In 1812, Dublin experienced Shelley's first, and only, foray into political activism — distributing "An Address to the Irish People" which argued for home rule and Catholic emancipation. As if to confirm Shelley's new status as a subversive, the Home Office started a file on him.

Shelley devoted the rest of his life to writing, with "the creative and political impulse working together" to produce his best work. "Queen Mab" set its scornful sights on religion, political tyranny, war, commerce and marriage. "The Revolt of Islam" showed a grim awareness of the horrors of counter-revolution, and reflected his new-found feminist awareness by asking, "Can man be free if woman be a slave?". "Prometheus Unbound" argued for the right of insurrection to overthrow tyranny. "The Mask of Anarchy", a protest against a massacre of unarmed demonstrators, ends with the revolutionary insight that "Ye are many, they are few".

Shelley also wrote a pamphlet, A Philosophical View of Reform, which argued that the exploitation of labour by capital was the key to understanding oppression and injustice, that both political and economic reform were needed (freedom meant little if people were starving) and that this could be won only by a mass democratic movement which set its sights on revolution.

It had taken Shelley a while to reach such clear conclusions because he had to overcome his class background, the cultural elitism of his artistic circle, his male chauvinism, the influence of the "armchair anarchist" William Godwin, and his constant struggle between political gradualism and revolution.

There was a "variety of tone" in most of his writings as he wavered between advocating limited property-based male suffrage and universal suffrage, pacifism and revolutionary force, and (like middle-class radicals everywhere) scepticism of and political trust in the masses.

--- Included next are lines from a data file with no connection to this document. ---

-- ===== src/Storage/Db/Invariant.antt =====
-- The invariant of the engine of pkg/storage/db.go: the map that a state stands for.
use shardlands.Prelude.{
  ℕ, ◌+◌, ◌≡◌, ◌<◌, ◌≤◌, refl, ◌∙◌, false, List, [], ◌∷◌, Option, some, arith, All,
}
use shardlands.Storage.Bytes.{Bytes}
use shardlands.Storage.Memtable.{Rec, Memtable, items}
use shardlands.Storage.Memtable.Search.{IsSkipList}
use shardlands.Storage.Records.{find, put_sorted}
use shardlands.Storage.Merge.Least.{or_else, layered}
use shardlands.Storage.Codec.Frames.{bytes_of}
use shardlands.Storage.Codec.RoundTrip.{IsSmall}
use shardlands.Storage.Wal.{Wal}
use shardlands.Storage.Wal.Recovery.{IsLog, nothing}
use shardlands.Storage.Table.{Table}
use shardlands.Storage.Table.Scans.{IsTableOf}
use shardlands.Storage.Db.{Db, Files, Got, ids_of, write_file, with_table, write_manifest}
use shardlands.Storage.Db.Opening.{load_tables}
use shardlands.Storage.Db.View.{
  got_of, IsTables, AllBelow, AllBelow-le, load_tables-write_file, load_tables_first,
}

-- The records of a log as the memtable has them.
unfoldable pub sorted_from : List Rec → List Rec → List Rec
sorted_from xs [] = xs
sorted_from xs (r ∷ rs) = sorted_from (put_sorted r xs) rs

module _ (crc : Bytes → ℕ) (crc_fits : (bs : Bytes) → crc bs < 4294967296) where
  -- Get reads the map `c` from the memtable and the tables, whose records are `ls`.
  pub record IsLive (mem : Memtable) (tables : List (ℕ × Table)) (ls : List (List Rec))
      (c : Bytes → Got) : Type 0 where
    pub skips : IsSkipList mem
    pub small : All IsSmall (items mem.nodes)
    pub are_tables : IsTables crc crc_fits tables ls
    pub shows : (k : Bytes) → got_of (or_else (find k (items mem.nodes)) (layered k ls)) ≡ c k

  -- The files of the open tables are there, and no new table takes their numbers.
  pub record IsKept (tables : List (ℕ × Table)) (files : Files) (next : ℕ) : Type 0 where
    pub loads : load_tables (ids_of tables) files ≡ some tables
    pub fresh : AllBelow next (ids_of tables)

  -- With the memtable, the tables that the manifest names read as the map.
  pub record IsStored (mem : Memtable) (manifest : List ℕ) (files : Files) (next : ℕ)
      (c : Bytes → Got) : Type 0 where
    pub tables : List (ℕ × Table)
    pub recs : List (List Rec)
    pub are_tables : IsTables crc crc_fits tables recs
    pub loads : load_tables manifest files ≡ some tables
    pub fresh : AllBelow next manifest
    pub shows : (k : Bytes) → got_of (or_else (find k (items mem.nodes)) (layered k recs)) ≡ c k

  -- The memtable is what the log replays to.
  pub record IsLogged (mem : Memtable) (wal : Wal) : Type 0 where
    pub recs : List Rec
    pub log : IsLog crc crc_fits recs wal
    pub replays : items mem.nodes ≡ sorted_from [] recs

  -- The state stands for the map `c`, for Get as for the next Open.
  pub record IsDb (db : Db) (ls : List (List Rec)) (c : Bytes → Got) : Type 0 where
    pub live : IsLive db.mem db.tables ls c
    pub kept : IsKept db.tables db.files db.next_id
    pub stored : IsStored db.mem db.manifest db.files db.next_id c
    pub logged : IsLogged db.mem db.wal

  abbrev pub Represents : Db → (Bytes → Got) → Type 0
  Represents db c = (ls : List (List Rec)) × IsDb db ls c

  IsStored-write_file :
      (x : Option Table) (m n : ℕ) (mem : Memtable) (manifest : List ℕ) (files : Files)
      (c : Bytes → Got)
      → n ≤ m
      → IsStored mem manifest files n c
      → IsStored mem manifest (write_file n x files) m c
  IsStored-write_file x m n mem manifest files c l i = record {
    tables = i.tables;
    recs = i.recs;
    are_tables = i.are_tables;
    loads = load_tables-write_file n x manifest files i.fresh ∙ i.loads;
    fresh = AllBelow-le n m manifest l i.fresh;
    shows = i.shows;
  }

  pub keep_files :
      (x : Option Table) (db : Db) (ls : List (List Rec)) (c : Bytes → Got)
      → IsDb db ls c
      → IsDb (record db { files = write_file db.next_id x db.files }) ls c
  keep_files x db ls c i = record {
    live = i.live;
    kept = record {
      loads =
          load_tables-write_file db.next_id x (ids_of db.tables) db.files i.kept.fresh
          ∙ i.kept.loads;
      fresh = i.kept.fresh;
    };
    stored =
        IsStored-write_file x db.next_id db.next_id db.mem db.manifest db.files c (omega arith)
          i.stored;
    logged = i.logged;
  }

  pub no_log :
      (mem : Memtable) (w : Wal)
      → items mem.nodes ≡ []
      → IsLogged mem (record w { file = []; failed = false })
  no_log mem w e = record {
    recs = [];
    log = record {
      front = [];
      shape = unfold bytes_of in refl;
      cut = nothing;
      clean = λ e. refl;
      small = tt;
    };
    replays = unfold sorted_from in e;
  }

  module _ (optimal : ℕ → ℕ) (draws : List ℕ) where
    pub with_table_lem :
        (t : Table) (l : List Rec) (older : List (ℕ × Table)) (older_recs : List (List Rec))
        (db : Db) (ls : List (List Rec)) (c : Bytes → Got)
        → IsDb db ls c
        → IsTableOf crc crc_fits l t
        → IsTables crc crc_fits older older_recs
        → IsKept older db.files db.next_id
        → ((k : Bytes)
            → got_of
                (or_else (find k (items db.mem.nodes)) (or_else (find k l) (layered k older_recs)))
              ≡ c k)
        → IsDb (with_table crc optimal draws t older db) (l ∷ older_recs) c
    with_table_lem t l older older_recs db ls c i is_table are_tables kept shows = record {
      live = record {
        skips = i.live.skips;
        small = i.live.small;
        are_tables = (is_table, are_tables);
        shows = unfold layered in shows;
      };
      kept = record {
        loads = load_tables_first db.next_id t (ids_of older) older db.files kept.fresh kept.loads;
        fresh = (
          omega arith,
          AllBelow-le db.next_id (db.next_id + 1) (ids_of older) (omega arith) kept.fresh,
        );
      };
      stored =
          IsStored-write_file (some t) (db.next_id + 1) db.next_id db.mem db.manifest db.files c
            (omega arith) i.stored;
      logged = i.logged;
    }

    pub saved :
        (db : Db) (ls : List (List Rec)) (c : Bytes → Got)
        → IsDb db ls c
        → IsStored db.mem (ids_of db.tables) db.files db.next_id c
    saved db ls c i = record {
      tables = db.tables;
      recs = ls;
      are_tables = i.live.are_tables;
      loads = i.kept.loads;
      fresh = i.kept.fresh;
      shows = i.live.shows;
    }

    pub write_manifest_lem :
        (db : Db) (ls : List (List Rec)) (c : Bytes → Got)
        → IsDb db ls c
        → IsDb (write_manifest crc optimal draws db) ls c
    write_manifest_lem db ls c i = record {
      live = i.live;
      kept = i.kept;
      stored = saved db ls c i;
      logged = i.logged;
    }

Unfortunately, Shelley died a few decades before the working class cohered in its modern form and demonstrated its power to be able to resolve Shelley's dilemmas.

When Shelley died from drowning in 1822, not yet 30 years old, the Tory press was smug, briefly noting that "Shelley, the writer of some infidel poetry has been drowned; now he knows whether there is a God or no". But Shelley had the last laugh as his political works, most of which were suppressed during his lifetime by prudent and/or cold-footed liberal publishers, did become available and were used by the Chartists, Engels (who translated "Queen Mab" into German in 1848), Karl and Eleanor Marx and others as part of the socialist project.

Holmes' biography acknowledges the centrality of Shelley's politics to his poetry, and also the more than occasional faults of Shelley's verse, such as its linguistic extravagance and lack of discipline in its complex imagery. Much of Shelley is a hard slog. Holmes himself errs on the side of wordy profligacy, tracing in rather more minute detail than necessary the lives of Shelley and his second wife (and author of Frankenstein) Mary Shelley, the shooting competitions with Byron at Pisa, and other Shelley companions such as the repentant radical and poet laureate, Southey, and the unpolitical but fellow-travelling Keats.

Shelley lived through dark days of repression, and all his images of revolution — all those volcanoes and mythical heroes on mounted steeds — remained words on paper. His genius, however, was to discern the revolutionary dynamic in society and to fix it in verse. All his short life, Shelley refused to believe in god, kings, war, the rich, forced sex, unhappy marriages, censorship and the worst of all, "the mischiefs flowing from oppression, namely that one man is forced to labour for another". He believed in humanity, and poetry, and did the best he could for both.